Exercise requirements → Output only the lines of the entries that follow, starting at the one with "nlu_answer-P input r answer (some" and running down to the one with "or_else-P (handle_feedback text_of", both included and unchanged.

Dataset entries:
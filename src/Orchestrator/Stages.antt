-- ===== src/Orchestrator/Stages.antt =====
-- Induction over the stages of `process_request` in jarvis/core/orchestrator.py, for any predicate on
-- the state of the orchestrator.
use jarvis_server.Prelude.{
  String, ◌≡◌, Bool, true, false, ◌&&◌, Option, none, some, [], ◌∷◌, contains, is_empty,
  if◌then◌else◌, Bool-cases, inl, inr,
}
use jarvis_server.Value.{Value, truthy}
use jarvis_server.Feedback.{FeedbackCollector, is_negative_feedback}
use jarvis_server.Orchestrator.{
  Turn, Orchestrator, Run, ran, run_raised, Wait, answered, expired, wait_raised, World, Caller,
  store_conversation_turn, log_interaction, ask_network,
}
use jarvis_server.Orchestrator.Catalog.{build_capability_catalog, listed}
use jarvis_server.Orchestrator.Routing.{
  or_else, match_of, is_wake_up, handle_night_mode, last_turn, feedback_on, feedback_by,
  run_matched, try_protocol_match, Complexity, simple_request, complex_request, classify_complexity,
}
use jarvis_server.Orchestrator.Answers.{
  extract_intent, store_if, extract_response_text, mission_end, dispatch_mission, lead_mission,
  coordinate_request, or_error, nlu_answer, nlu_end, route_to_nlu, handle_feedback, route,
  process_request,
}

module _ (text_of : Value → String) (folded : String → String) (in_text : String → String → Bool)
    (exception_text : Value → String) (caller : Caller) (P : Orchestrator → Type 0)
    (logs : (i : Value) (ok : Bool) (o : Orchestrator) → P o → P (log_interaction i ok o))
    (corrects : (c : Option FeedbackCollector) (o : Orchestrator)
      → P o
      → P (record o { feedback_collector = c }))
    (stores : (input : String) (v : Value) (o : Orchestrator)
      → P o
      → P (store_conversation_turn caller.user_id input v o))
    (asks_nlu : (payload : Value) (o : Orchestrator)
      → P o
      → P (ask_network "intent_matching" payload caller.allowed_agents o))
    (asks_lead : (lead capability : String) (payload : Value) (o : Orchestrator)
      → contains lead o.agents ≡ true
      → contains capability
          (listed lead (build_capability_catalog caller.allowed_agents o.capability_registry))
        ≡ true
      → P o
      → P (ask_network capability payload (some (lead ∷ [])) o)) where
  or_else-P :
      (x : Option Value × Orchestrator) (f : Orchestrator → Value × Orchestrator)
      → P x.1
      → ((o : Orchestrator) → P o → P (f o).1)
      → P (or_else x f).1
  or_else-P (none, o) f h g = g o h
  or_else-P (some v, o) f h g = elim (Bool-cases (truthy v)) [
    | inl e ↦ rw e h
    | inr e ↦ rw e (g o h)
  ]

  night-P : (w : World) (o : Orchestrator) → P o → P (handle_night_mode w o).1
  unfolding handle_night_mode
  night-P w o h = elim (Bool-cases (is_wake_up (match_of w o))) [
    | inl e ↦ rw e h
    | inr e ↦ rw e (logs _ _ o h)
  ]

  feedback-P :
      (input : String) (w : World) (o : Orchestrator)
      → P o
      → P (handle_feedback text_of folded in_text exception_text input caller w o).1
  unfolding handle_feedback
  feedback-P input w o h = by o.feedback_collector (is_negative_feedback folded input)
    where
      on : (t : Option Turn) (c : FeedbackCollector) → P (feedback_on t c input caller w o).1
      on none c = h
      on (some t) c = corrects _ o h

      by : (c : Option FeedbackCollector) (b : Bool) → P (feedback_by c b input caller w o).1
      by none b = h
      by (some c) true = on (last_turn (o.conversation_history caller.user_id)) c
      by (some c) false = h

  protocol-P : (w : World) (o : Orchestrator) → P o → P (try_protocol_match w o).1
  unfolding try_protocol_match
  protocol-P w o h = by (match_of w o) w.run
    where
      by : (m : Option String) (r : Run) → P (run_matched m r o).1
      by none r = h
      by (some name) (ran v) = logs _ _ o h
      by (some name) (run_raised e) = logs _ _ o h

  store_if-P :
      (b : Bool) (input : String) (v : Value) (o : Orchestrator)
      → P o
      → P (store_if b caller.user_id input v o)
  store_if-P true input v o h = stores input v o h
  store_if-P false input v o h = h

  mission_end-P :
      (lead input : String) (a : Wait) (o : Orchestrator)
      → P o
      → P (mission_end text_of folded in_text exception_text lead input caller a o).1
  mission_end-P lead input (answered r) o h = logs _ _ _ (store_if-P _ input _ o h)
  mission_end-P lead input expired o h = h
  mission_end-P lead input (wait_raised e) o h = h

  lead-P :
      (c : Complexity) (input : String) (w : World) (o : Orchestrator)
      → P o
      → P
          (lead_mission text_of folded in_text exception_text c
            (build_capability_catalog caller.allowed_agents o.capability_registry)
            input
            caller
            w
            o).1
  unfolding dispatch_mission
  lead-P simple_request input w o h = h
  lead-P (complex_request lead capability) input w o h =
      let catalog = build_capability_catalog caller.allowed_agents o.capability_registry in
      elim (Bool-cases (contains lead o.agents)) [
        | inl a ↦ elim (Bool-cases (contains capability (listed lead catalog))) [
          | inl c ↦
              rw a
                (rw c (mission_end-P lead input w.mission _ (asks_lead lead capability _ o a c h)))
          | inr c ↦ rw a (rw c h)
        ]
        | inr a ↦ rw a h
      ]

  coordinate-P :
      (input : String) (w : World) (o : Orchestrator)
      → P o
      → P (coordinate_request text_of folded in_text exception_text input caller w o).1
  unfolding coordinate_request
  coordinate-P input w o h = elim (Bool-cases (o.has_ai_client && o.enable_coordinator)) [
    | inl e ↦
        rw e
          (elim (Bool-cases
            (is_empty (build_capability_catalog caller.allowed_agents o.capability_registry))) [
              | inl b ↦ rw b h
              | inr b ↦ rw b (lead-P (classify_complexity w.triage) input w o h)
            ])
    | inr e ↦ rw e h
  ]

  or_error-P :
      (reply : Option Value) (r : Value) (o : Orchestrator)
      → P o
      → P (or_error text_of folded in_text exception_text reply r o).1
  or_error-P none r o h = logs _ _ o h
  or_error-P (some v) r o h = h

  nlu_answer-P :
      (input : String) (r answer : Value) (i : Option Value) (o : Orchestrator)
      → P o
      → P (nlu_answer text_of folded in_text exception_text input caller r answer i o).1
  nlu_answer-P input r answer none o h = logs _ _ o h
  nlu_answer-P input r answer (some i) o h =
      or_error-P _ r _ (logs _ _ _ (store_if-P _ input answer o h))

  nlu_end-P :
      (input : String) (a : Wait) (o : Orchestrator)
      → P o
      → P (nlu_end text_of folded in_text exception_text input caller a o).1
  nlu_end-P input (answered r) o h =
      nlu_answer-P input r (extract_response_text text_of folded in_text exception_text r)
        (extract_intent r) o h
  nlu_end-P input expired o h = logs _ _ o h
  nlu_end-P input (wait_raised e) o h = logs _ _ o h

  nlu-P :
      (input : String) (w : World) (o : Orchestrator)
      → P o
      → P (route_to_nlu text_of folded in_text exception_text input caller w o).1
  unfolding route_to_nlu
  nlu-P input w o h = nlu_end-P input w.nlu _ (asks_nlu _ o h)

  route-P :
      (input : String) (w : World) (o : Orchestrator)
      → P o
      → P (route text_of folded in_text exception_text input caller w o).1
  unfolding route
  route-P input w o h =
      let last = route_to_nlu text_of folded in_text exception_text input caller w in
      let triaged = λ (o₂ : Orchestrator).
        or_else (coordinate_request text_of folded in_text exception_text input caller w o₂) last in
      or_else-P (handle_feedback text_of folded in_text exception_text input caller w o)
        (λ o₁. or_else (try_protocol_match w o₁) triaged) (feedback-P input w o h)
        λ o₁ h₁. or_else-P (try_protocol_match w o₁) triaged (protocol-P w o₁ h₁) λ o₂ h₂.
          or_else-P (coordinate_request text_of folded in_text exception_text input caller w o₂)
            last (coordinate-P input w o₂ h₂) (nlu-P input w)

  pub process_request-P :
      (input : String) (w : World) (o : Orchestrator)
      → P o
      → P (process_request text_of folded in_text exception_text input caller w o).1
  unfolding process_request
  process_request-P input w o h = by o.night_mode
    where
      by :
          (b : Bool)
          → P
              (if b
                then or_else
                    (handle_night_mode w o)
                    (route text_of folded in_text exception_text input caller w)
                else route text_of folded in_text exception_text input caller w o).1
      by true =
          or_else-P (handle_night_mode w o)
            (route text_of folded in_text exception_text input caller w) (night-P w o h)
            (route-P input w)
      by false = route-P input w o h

--

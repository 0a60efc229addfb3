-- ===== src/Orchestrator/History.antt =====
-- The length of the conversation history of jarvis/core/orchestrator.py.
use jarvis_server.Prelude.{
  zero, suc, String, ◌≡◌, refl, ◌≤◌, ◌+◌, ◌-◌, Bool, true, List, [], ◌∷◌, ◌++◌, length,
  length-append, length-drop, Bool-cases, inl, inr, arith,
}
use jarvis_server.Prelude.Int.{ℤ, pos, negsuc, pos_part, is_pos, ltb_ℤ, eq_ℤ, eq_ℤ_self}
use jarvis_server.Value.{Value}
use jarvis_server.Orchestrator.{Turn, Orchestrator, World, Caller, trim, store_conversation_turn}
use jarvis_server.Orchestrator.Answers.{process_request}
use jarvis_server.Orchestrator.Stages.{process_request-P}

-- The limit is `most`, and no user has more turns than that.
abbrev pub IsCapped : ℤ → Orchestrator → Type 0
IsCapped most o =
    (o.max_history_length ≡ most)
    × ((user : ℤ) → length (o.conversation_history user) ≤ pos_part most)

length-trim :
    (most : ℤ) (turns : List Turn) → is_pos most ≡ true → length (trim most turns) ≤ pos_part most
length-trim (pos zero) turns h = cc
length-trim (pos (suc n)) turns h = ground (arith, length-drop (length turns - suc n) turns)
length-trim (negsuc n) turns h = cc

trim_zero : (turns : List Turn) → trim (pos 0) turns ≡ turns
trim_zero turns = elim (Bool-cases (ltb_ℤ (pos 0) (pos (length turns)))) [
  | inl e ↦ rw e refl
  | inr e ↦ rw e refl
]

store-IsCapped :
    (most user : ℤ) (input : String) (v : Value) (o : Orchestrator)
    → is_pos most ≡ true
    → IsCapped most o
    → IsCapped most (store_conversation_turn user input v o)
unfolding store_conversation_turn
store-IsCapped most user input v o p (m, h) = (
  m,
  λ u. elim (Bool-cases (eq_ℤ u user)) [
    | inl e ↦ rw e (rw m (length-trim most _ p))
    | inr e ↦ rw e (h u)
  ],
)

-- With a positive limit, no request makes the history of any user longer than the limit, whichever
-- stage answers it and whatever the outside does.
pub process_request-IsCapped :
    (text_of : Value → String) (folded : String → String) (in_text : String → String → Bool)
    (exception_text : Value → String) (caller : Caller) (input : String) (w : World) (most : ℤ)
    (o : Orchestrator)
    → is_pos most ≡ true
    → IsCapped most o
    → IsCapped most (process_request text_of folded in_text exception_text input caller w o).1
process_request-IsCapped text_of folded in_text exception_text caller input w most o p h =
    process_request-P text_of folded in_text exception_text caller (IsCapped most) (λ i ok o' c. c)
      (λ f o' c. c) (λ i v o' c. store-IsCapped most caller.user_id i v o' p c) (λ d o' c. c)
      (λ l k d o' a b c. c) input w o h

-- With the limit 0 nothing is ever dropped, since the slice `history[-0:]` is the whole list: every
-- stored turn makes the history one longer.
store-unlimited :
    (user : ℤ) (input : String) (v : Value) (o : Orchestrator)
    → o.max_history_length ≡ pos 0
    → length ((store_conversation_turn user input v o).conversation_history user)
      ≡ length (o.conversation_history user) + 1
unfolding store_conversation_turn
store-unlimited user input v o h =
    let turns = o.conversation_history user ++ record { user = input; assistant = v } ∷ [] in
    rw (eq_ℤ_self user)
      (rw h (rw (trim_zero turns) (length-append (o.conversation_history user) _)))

Exercise response →
  nlu_answer-P input r answer (some i) o h =
      or_error-P _ r _ (logs _ _ _ (store_if-P _ input answer o h))

  nlu_end-P :
      (input : String) (a : Wait) (o : Orchestrator)
      → P o
      → P (nlu_end text_of folded in_text exception_text input caller a o).1
  nlu_end-P input (answered r) o h =
      nlu_answer-P input r (extract_response_text text_of folded in_text exception_text r)
        (extract_intent r) o h
  nlu_end-P input expired o h = logs _ _ o h
  nlu_end-P input (wait_raised e) o h = logs _ _ o h

  nlu-P :
      (input : String) (w : World) (o : Orchestrator)
      → P o
      → P (route_to_nlu text_of folded in_text exception_text input caller w o).1
  unfolding route_to_nlu
  nlu-P input w o h = nlu_end-P input w.nlu _ (asks_nlu _ o h)

  route-P :
      (input : String) (w : World) (o : Orchestrator)
      → P o
      → P (route text_of folded in_text exception_text input caller w o).1
  unfolding route
  route-P input w o h =
      let last = route_to_nlu text_of folded in_text exception_text input caller w in
      let triaged = λ (o₂ : Orchestrator).
        or_else (coordinate_request text_of folded in_text exception_text input caller w o₂) last in
      or_else-P (handle_feedback text_of folded in_text exception_text input caller w o)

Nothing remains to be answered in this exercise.